• [EXERCISE PROMPT]
Print nothing but the lines below starting at the line that holds "s').0 ≡ ok row)" and ending at the line that holds "cached-price pair trade.price", including both, each exactly as written.

• [EXTRACTED ENTRIES]
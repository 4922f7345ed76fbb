-- ===== src/Statistics/Ranges.antt =====
-- The ranges of prices in the statistics of marketBackend/src/services/marketDataService.ts.
use omen_backend.Base.{
  ℕ, ◌≤◌, ◌<◌, ◌≡◌, refl, true, some, List, [], ◌∷◌, All, Option, insert, select, take, ◌==◌,
  ==-self, ok, zero, suc, ◌⊎◌, inl, inr, arith,
}
use omen_backend.Statistics.Service.{
  TimedTrade, MarketStats, StatsState, find_market_stats, get_trades_by_pair, upsert_market_stats,
  cache_market_stats, cache_price, is_numeric_10_4, higher, lower, highest, lowest, percent_change,
  last_of, price_of, is_recent, new_stats, update_market_stats_for_trade, get_market_stats,
  get_current_price,
}

higher-bounds : (max p : ℕ) → (max ≤ higher max p) × (p ≤ higher max p)
higher-bounds max p = ground arith

-- A minimum of 0 stands for none.
lower-bounds :
    (min p : ℕ) → 0 < p → (0 < lower min p) × (lower min p ≤ p) × (0 < min → lower min p ≤ min)
lower-bounds min p h = ground arith

highest-old : (max : ℕ) (ts : List TimedTrade) → max ≤ highest max ts
unfolding highest
highest-old max [] = omega arith
highest-old max (t ∷ ts) =
    let up = highest-old (higher max t.price) ts in
    let (old, new) = higher-bounds max t.price in omega (arith, up, old)

highest-All : (max : ℕ) (ts : List TimedTrade) → All (λ t. t.price ≤ highest max ts) ts
unfolding highest
highest-All max [] = tt
highest-All max (t ∷ ts) =
    let up = highest-old (higher max t.price) ts in
    let (old, new) = higher-bounds max t.price in
    (omega (arith, up, new), highest-All (higher max t.price) ts)

lowest-old :
    (min : ℕ) (ts : List TimedTrade) → All (λ t. 0 < t.price) ts → 0 < min → lowest min ts ≤ min
unfolding lowest
lowest-old min [] all h = omega arith
lowest-old min (t ∷ ts) (first, all) h =
    let (some_low, new, old) = lower-bounds min t.price first in
    let down = lowest-old (lower min t.price) ts all some_low in
    let old_bound = old h in omega (arith, down, old_bound)

lowest-All :
    (min : ℕ) (ts : List TimedTrade)
    → All (λ t. 0 < t.price) ts
    → All (λ t. lowest min ts ≤ t.price) ts
unfolding lowest
lowest-All min [] all = tt
lowest-All min (t ∷ ts) (first, all) =
    let (some_low, new, old) = lower-bounds min t.price first in
    let down = lowest-old (lower min t.price) ts all some_low in
    (omega (arith, down, new), lowest-All (lower min t.price) ts all)

keeps_low :
    (min : ℕ) (ts : List TimedTrade) → All (λ t. 0 < t.price) ts → (min ≡ 0) ⊎ (lowest min ts ≤ min)
keeps_low zero ts all = inl refl
keeps_low (suc min) ts all = inr (lowest-old (suc min) ts all (omega arith))

All-pair :
    (P Q : TimedTrade → Type 0) (ts : List TimedTrade)
    → All P ts
    → All Q ts
    → All (λ t. P t × Q t) ts
All-pair P Q [] p q = tt
All-pair P Q (t ∷ ts) (p, ps) (q, qs) = ((p, q), All-pair P Q ts ps qs)

-- The trades that the statistics are made of.
unfoldable pub recent_of : ℕ → StatsState → List TimedTrade
recent_of pair s =
    select (is_recent s.now)
      (take 10000 (select (λ (t : TimedTrade). t.trading_pair_id == pair) s.trades))

abbrev pub high_of : Option MarketStats → ℕ
high_of row = price_of (λ r. r.high_24h) row

abbrev pub low_of : Option MarketStats → ℕ
low_of row = price_of (λ r. r.low_24h) row

update-state :
    (trade : TimedTrade) (s : StatsState)
    → is_numeric_10_4 (some (percent_change trade.price (last_of (s.stats trade.trading_pair_id))))
      ≡ true
    → let pair = trade.trading_pair_id in
      let row = new_stats trade (s.stats pair) (recent_of pair s) in
      update_market_stats_for_trade trade s ≡ (
        ok tt,
        record s {
          stats = insert pair row s.stats;
          stats_cache = insert pair row s.stats_cache;
          price_cache = insert pair trade.price s.price_cache;
        },
      )
unfolding update_market_stats_for_trade find_market_stats get_trades_by_pair upsert_market_stats
    cache_market_stats cache_price recent_of
update-state trade s fits = ground (arith, fits)

cached-stats :
    (pair : ℕ) (row : MarketStats) (s : StatsState)
    → s.stats_cache pair ≡ some row
    → (get_market_stats pair s).0 ≡ ok (some row)
unfolding get_market_stats
cached-stats pair row s h = ground (arith, h)

cached-price :
    (pair price : ℕ) (s : StatsState)
    → s.price_cache pair ≡ some price
    → (get_current_price pair s).0 ≡ ok (some price)
unfolding get_current_price
cached-price pair price s h = ground (arith, h)

-- Where the change fits its column and the recent trades have a price, updateMarketStatsForTrade
-- returns, and getMarketStats and getCurrentPrice then answer the row that the table has and the
-- price of the trade. The range from low to high of that row holds the price of each recent trade,
-- and it never narrows: the high and low that the row had before stay in it, however old they are,
-- unless the low was 0.
pub update_market_stats_for_trade-ranges :
    (trade : TimedTrade) (s : StatsState)
    → is_numeric_10_4 (some (percent_change trade.price (last_of (s.stats trade.trading_pair_id))))
      ≡ true
    → All (λ t. 0 < t.price) (recent_of trade.trading_pair_id s)
    → let pair = trade.trading_pair_id in
      let (r, s') = update_market_stats_for_trade trade s in
      let row = s'.stats pair in
      (r ≡ ok tt)
      × ((get_market_stats pair s').0 ≡ ok row)
      × ((get_current_price pair s').0 ≡ ok (some trade.price))
      × All (λ t. (low_of row ≤ t.price) × (t.price ≤ high_of row)) (recent_of pair s)
      × (high_of (s.stats pair) ≤ high_of row)
      × ((low_of (s.stats pair) ≡ 0) ⊎ (low_of row ≤ low_of (s.stats pair)))
update_market_stats_for_trade-ranges trade s fits priced =
    let pair = trade.trading_pair_id in
    let recent = recent_of pair s in
    let low = low_of (s.stats pair) in
    let high = high_of (s.stats pair) in
    let row = new_stats trade (s.stats pair) recent in
    let s' : StatsState = record s {
      stats = insert pair row s.stats;
      stats_cache = insert pair row s.stats_cache;
      price_cache = insert pair trade.price s.price_cache;
    } in
    let same = ==-self pair in
    rw
      (
        update-state trade s fits,
        cached-stats pair row s' (rw (same) refl),
        cached-price pair trade.price s' (rw (same) refl),
        same,
      )
      (
        refl,
        refl,
        refl,
        All-pair (λ t. lowest low recent ≤ t.price) (λ t. t.price ≤ highest high recent) recent
            (lowest-All low recent priced) (highest-All high recent),
        highest-old high recent,
        keeps_low low recent priced,
      )
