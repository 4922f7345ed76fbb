-- ===== src/Swap.antt =====
-- Swaps of one token for another over the bridge: marketBackend/src/types/swap.ts,
-- marketBackend/src/infra/database/repositories/swapRepository.ts,
-- marketBackend/src/services/swapService.ts and
-- marketBackend/src/infra/queue/swapWorkerHandler.ts.
pub mod Types
pub mod Store
pub mod Quote
pub mod Service
pub mod Worker
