-- ===== src/Swap/Types.antt =====
-- The types of marketBackend/src/types/swap.ts. Amounts are the integers that the decimal strings
-- hold; chains, addresses and hashes are numbers, which are only compared; metadata and timestamps
-- but the expiry of a quote are left out.
use omen_backend.Base.{ℕ, Bool, true, false, Option, ℤ}

pub data SwapStatus : Type 0 where
  pending queued processing completed failed cancelled : SwapStatus

-- The rate in ten-thousandths.
pub record SwapQuote : Type 0 where
  pub source_token_id : ℕ
  pub target_token_id : ℕ
  pub source_amount : ℤ
  pub expected_target_amount : ℤ
  pub rate : ℕ
  pub expires_at : ℕ
  pub platform_fee : ℤ
  pub bridge_fee : ℤ
  pub network_fee : ℤ
  pub total_fee : ℤ

pub record CreateSwapInput : Type 0 where
  pub user_id : ℕ
  pub source_token_id : ℕ
  pub target_token_id : ℕ
  pub source_chain : ℕ
  pub target_chain : ℕ
  pub source_amount : ℤ
  pub min_target_amount : Option ℤ
  pub destination_address : ℕ
  pub bridge_contract_address : ℕ
  pub quote : Option SwapQuote

-- Why a swap failed: the three messages of processSwapJob, or the error that it caught.
pub data FailureReason : Type 0 where
  token_no_longer_available contract_address_missing signer_key_missing error_thrown : FailureReason

pub record SwapRecord : Type 0 where
  pub id : ℕ
  pub user_id : ℕ
  pub source_token_id : ℕ
  pub target_token_id : ℕ
  pub source_chain : ℕ
  pub target_chain : ℕ
  pub source_amount : ℤ
  pub expected_target_amount : ℤ
  pub destination_address : ℕ
  pub bridge_contract_address : ℕ
  pub status : SwapStatus
  pub sapphire_swap_id : Option ℕ
  pub source_tx_hash : Option ℕ
  pub target_tx_hash : Option ℕ
  pub failure_reason : Option FailureReason

pub record SwapJobPayload : Type 0 where
  pub swap_id : ℕ
  pub user_id : ℕ
  pub source_token_id : ℕ
  pub target_token_id : ℕ
  pub source_chain : ℕ
  pub target_chain : ℕ
  pub source_amount : ℤ
  pub min_target_amount : Option ℤ
  pub destination_address : ℕ
  pub bridge_contract_address : ℕ

-- `['PENDING', 'QUEUED', 'PROCESSING'].includes(status)`.
abbrev pub is_open : SwapStatus → Bool
is_open pending = true
is_open queued = true
is_open processing = true
is_open _ = false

• [SOLUTION FOR THIS TASK]
      × ((get_market_stats pair s').0 ≡ ok row)
      × ((get_current_price pair s').0 ≡ ok (some trade.price))
      × All (λ t. (low_of row ≤ t.price) × (t.price ≤ high_of row)) (recent_of pair s)
      × (high_of (s.stats pair) ≤ high_of row)
      × ((low_of (s.stats pair) ≡ 0) ⊎ (low_of row ≤ low_of (s.stats pair)))
update_market_stats_for_trade-ranges trade s fits priced =
    let pair = trade.trading_pair_id in
    let recent = recent_of pair s in
    let low = low_of (s.stats pair) in
    let high = high_of (s.stats pair) in
    let row = new_stats trade (s.stats pair) recent in
    let s' : StatsState = record s {
      stats = insert pair row s.stats;
      stats_cache = insert pair row s.stats_cache;
      price_cache = insert pair trade.price s.price_cache;
    } in
    let same = ==-self pair in
    rw
      (
        update-state trade s fits,
        cached-stats pair row s' (rw (same) refl),
        cached-price pair trade.price s' (rw (same) refl),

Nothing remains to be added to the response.